Spec & Goals 3 min
AQA Spec 3.1.2 · Efficiency of algorithms
By the end of this lesson you can:
- Explain that efficiency means how many steps an algorithm takes.
- Count the steps of two algorithms and decide which is more efficient.
- Explain why we count steps rather than measure time in seconds.
Warm-Up 5 min
Last lesson you traced algorithms line by line. Counting those lines is the first step to measuring efficiency.
Quick starter
Two routes get Aisyah from home to school. Route A has 20 turns; Route B has 6 turns. Which route is simpler to follow, and why?
Reveal the answer
Route B — it takes fewer steps. An efficient algorithm is the same idea: the one that reaches the answer in fewer steps.
Key Concept — measuring efficiency 14 min
The efficiency of an algorithm is how many steps it takes to finish a task. For the same task, fewer steps means a more efficient algorithm.
Why we count steps, not seconds
We measure the number of steps, not the time in seconds. The same algorithm runs faster on a powerful computer and slower on an old one.
Steps grow with the input
The number of steps usually grows with the size of the input. Sorting 1,000 names takes more steps than sorting 10.
Worked Example — two ways to sum 1 to n 12 min
Problem: add up the numbers from 1 to n. We compare a loop with a formula.
Algorithm A — a loop
AQA pseudo-code
total ← 0
FOR i ← 1 TO n
total ← total + i
ENDFOR
OUTPUT totalThe same algorithm in Python
total = 0 for i in range(1, n + 1): total = total + i print(total)

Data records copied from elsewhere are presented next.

-- ===== src/Cipher/Stream.antt =====
-- The two ends of the channel, and a stream that arrives in pieces.
use openairplay.Prelude.{
  ℕ, ◌+◌, ◌/◌, ◌%◌, ◌<◌, ◌≡◌, refl, sym, ap, ◌∙◌, some, List, [], ◌∷◌, ◌++◌, append-nil,
  append_assoc, length, take, drop, All, length-append, take-append, drop-append, Bytes, from_le16,
  to_le16, from_le16-to_le16, flatten, chunks, flatten-chunks, chunks-IsPiece, IsPiece, arith,
}
use openairplay.Aead.{Aead, AeadLaws, Hkdf}
use openairplay.Cipher.{
  Encryptor, Decryptor, succ_u64, nonce_for, tag_len, block_max, encrypt_block, encrypt_blocks,
  encrypt, decrypt_available, control_channel, sender_control_channel,
}
use openairplay.Cipher.Frames.{
  IsPartial, after, next, after-after, after_nothing, available_partial, available_opened,
}

-- The two ends at the same place of the stream.
abbrev pub IsPaired : Encryptor → Decryptor → Type 0
IsPaired e d = (e.key ≡ d.key) × (e.counter ≡ d.counter)

abbrev FitsBlock : Bytes → Type 0
FitsBlock block = length block < 65536

abbrev pub peer : Encryptor → Decryptor
peer e = record { key = e.key; counter = e.counter }

module _ (aead : Aead) (laws : AeadLaws aead) where
  -- One block at the front, whatever follows it.
  available_block :
      (e : Encryptor) (block rest : Bytes)
      → FitsBlock block
      → decrypt_available aead (peer e) (encrypt_block aead e block ++ rest)
        ≡ after block
            (length (encrypt_block aead e block))
            (decrypt_available aead (next (peer e)) rest)
  unfolding encrypt_block
  available_block e block rest h =
      let lo = length block % 256 in
      let hi = length block / 256 % 256 in
      let ct = aead.encrypt e.key (nonce_for e.counter) (to_le16 (length block)) block in
      let size : from_le16 lo hi + tag_len ≡ length ct = omega (
        arith,
        from_le16-to_le16 (length block) h,
        laws.length-encrypt e.key (nonce_for e.counter) (to_le16 (length block)) block,
      ) in
      available_opened aead (peer e) lo hi (ct ++ rest) block
        (omega (arith, size, length-append ct rest))
        (ap (λ (c : Bytes). aead.decrypt e.key (nonce_for e.counter) (to_le16 (length block)) c)
            (ap (λ (n : ℕ). take n (ct ++ rest)) size ∙ take-append ct rest)
          ∙ laws.decrypt-encrypt e.key (nonce_for e.counter) (to_le16 (length block)) block)
      ∙ ap
          (λ (r : Bytes).
            after block (2 + from_le16 lo hi + tag_len) (decrypt_available aead (next (peer e)) r))
          (ap (λ (n : ℕ). drop n (ct ++ rest)) size ∙ drop-append ct rest)
      ∙ ap (λ (n : ℕ). after block n (decrypt_available aead (next (peer e)) rest))
          (omega (arith, size))

  available_blocks :
      (e : Encryptor) (blocks : List Bytes) (rest : Bytes)
      → All FitsBlock blocks
      → decrypt_available aead (peer e) ((encrypt_blocks aead e blocks).0 ++ rest)
        ≡ after
            (flatten blocks)
            (length (encrypt_blocks aead e blocks).0)
            (decrypt_available aead (peer (encrypt_blocks aead e blocks).1) rest)
  unfolding encrypt_blocks
  available_blocks e [] rest h = sym (after_nothing (decrypt_available aead (peer e) rest))
  available_blocks e (block ∷ blocks) rest (h, hs) =
      let e' = record e { counter = succ_u64 e.counter } in
      let (out, e'') = encrypt_blocks aead e' blocks in
      rw (append_assoc (encrypt_block aead e block) out rest) (
        available_block e block (out ++ rest) h
        ∙ ap (after block (length (encrypt_block aead e block)))
            (available_blocks e' blocks rest hs)
        ∙ after-after block (flatten blocks) _ _ (decrypt_available aead (peer e'') rest)
        ∙ ap (λ (n : ℕ). after (block ++ flatten blocks) n (decrypt_available aead (peer e'') rest))
            (sym (length-append (encrypt_block aead e block) out)))

  FitsBlock-chunks : (cs : List Bytes) → All (IsPiece block_max) cs → All FitsBlock cs
  FitsBlock-chunks [] h = tt
  FitsBlock-chunks (c ∷ cs) (h, hs) = (omega arith, FitsBlock-chunks cs hs)

  -- What one end encrypts the other decrypts, whole, and waits for the block that follows: the
  -- plaintext, the number of bytes used, and the two counters in step again.
  pub decrypt_available-encrypt :
      (e : Encryptor) (plaintext rest : Bytes)
      → IsPartial rest
      → decrypt_available aead (peer e) ((encrypt aead e plaintext).0 ++ rest)
        ≡ (some (plaintext, length (encrypt aead e plaintext).0), peer (encrypt aead e plaintext).1)
  unfolding encrypt
  decrypt_available-encrypt e plaintext rest h =
      let blocks = chunks block_max plaintext in
      let (out, e') = encrypt_blocks aead e blocks in
      available_blocks e blocks rest
        (FitsBlock-chunks blocks (chunks-IsPiece block_max plaintext (omega arith)))
      ∙ ap (after (flatten blocks) (length out)) (available_partial aead (peer e') rest h)
      ∙ rw (append-nil, flatten-chunks block_max plaintext (omega arith))
          (ap (λ (n : ℕ). (some (plaintext, n), peer e')) (omega arith))

  module _ (hkdf : Hkdf) where
    -- Keys: each end's encryptor is paired with the other end's decryptor.
    pub channels-IsPaired :
        (secret : Bytes)
        → (peer (sender_control_channel hkdf secret).0 ≡ (control_channel hkdf secret).1)
          × (peer (control_channel hkdf secret).0 ≡ (sender_control_channel hkdf secret).1)
    unfolding control_channel sender_control_channel
    channels-IsPaired secret = (refl, refl)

The loop body runs once for each number, so it takes about n steps.
Algorithm B — a formula
AQA pseudo-code
total ← n * (n + 1) / 2 OUTPUT total
The same algorithm in Python
total = n * (n + 1) / 2 print(total)
This does the same sum in just a few steps, whatever n is.
Counting steps for n = 100
| Algorithm | Steps for n = 100 | Steps in general |
|---|---|---|
| A — loop | about 100 (one per number) | about n |
| B — formula | a few (one calculation) | a few (constant) |
Both give the same answer (5050), but Algorithm B uses far fewer steps. The formula is more efficient, and the gap grows as n gets larger.
Try It Yourself 12 min
Goal: Count the steps. How many times does the loop body run in this algorithm?
FOR i ← 1 TO 50
OUTPUT i
ENDFORHint: the loop runs once for each value from 1 to 50.
Goal: Two algorithms both find the largest of n numbers. Algorithm X checks every number once; Algorithm Y sorts the whole list first, then takes the last value. Which is more efficient, and why?
Hint: compare the number of steps each one takes for a long list.
Goal: Explain why measuring an algorithm by counting steps is fairer than timing it with a stopwatch on your laptop.
Hint: think about what changes if you run the same code on a faster machine.
📝 Exam Practice 10 min
Answer the way the examiner expects — the command word and the marks tell you how much to write.
Look again at the two algorithms that sum 1 to n. State which is more efficient and explain why.
Mark scheme
- Algorithm B / the formula is more efficient (1).
- Because it uses fewer steps / a constant (small) number of steps whatever the input size, whereas the loop runs about
ntimes (1).
Give one reason we measure the efficiency of an algorithm by counting steps rather than by timing it in seconds.
Mark scheme
- The time in seconds depends on the computer / hardware, so counting steps gives a fair comparison independent of the machine (1).
Which statement is correct? Choose one.
- A — A more efficient algorithm always uses more steps.
- B — For the same task, fewer steps means a more efficient algorithm.
- C — Efficiency only depends on the speed of the computer.
- D — The number of steps never changes with the input size.
Mark scheme
- B (1) — for the same task, fewer steps is more efficient.
Recap & Key Terms 3 min
Efficiency is how many steps an algorithm takes. For the same task, fewer steps is more efficient. We count steps, not seconds, because computers run at different speeds. The number of steps usually grows with the input size.
- Efficiency
- A measure of how many steps (or how much memory) an algorithm uses to complete a task.
- Number of steps
- The count of operations an algorithm performs — the fair way to compare two algorithms.
- Input size
- How much data the algorithm works on; larger inputs usually mean more steps.
Homework 1 min
Task (≤ 15 min): An algorithm prints every number from 1 to n. State how many steps it takes for n = 200, and explain whether the steps grow with the input size.
Model answer
About 200 steps — one per number. Award marks for: stating about 200 / n steps (1), and explaining that the number of steps grows as the input size n grows (1).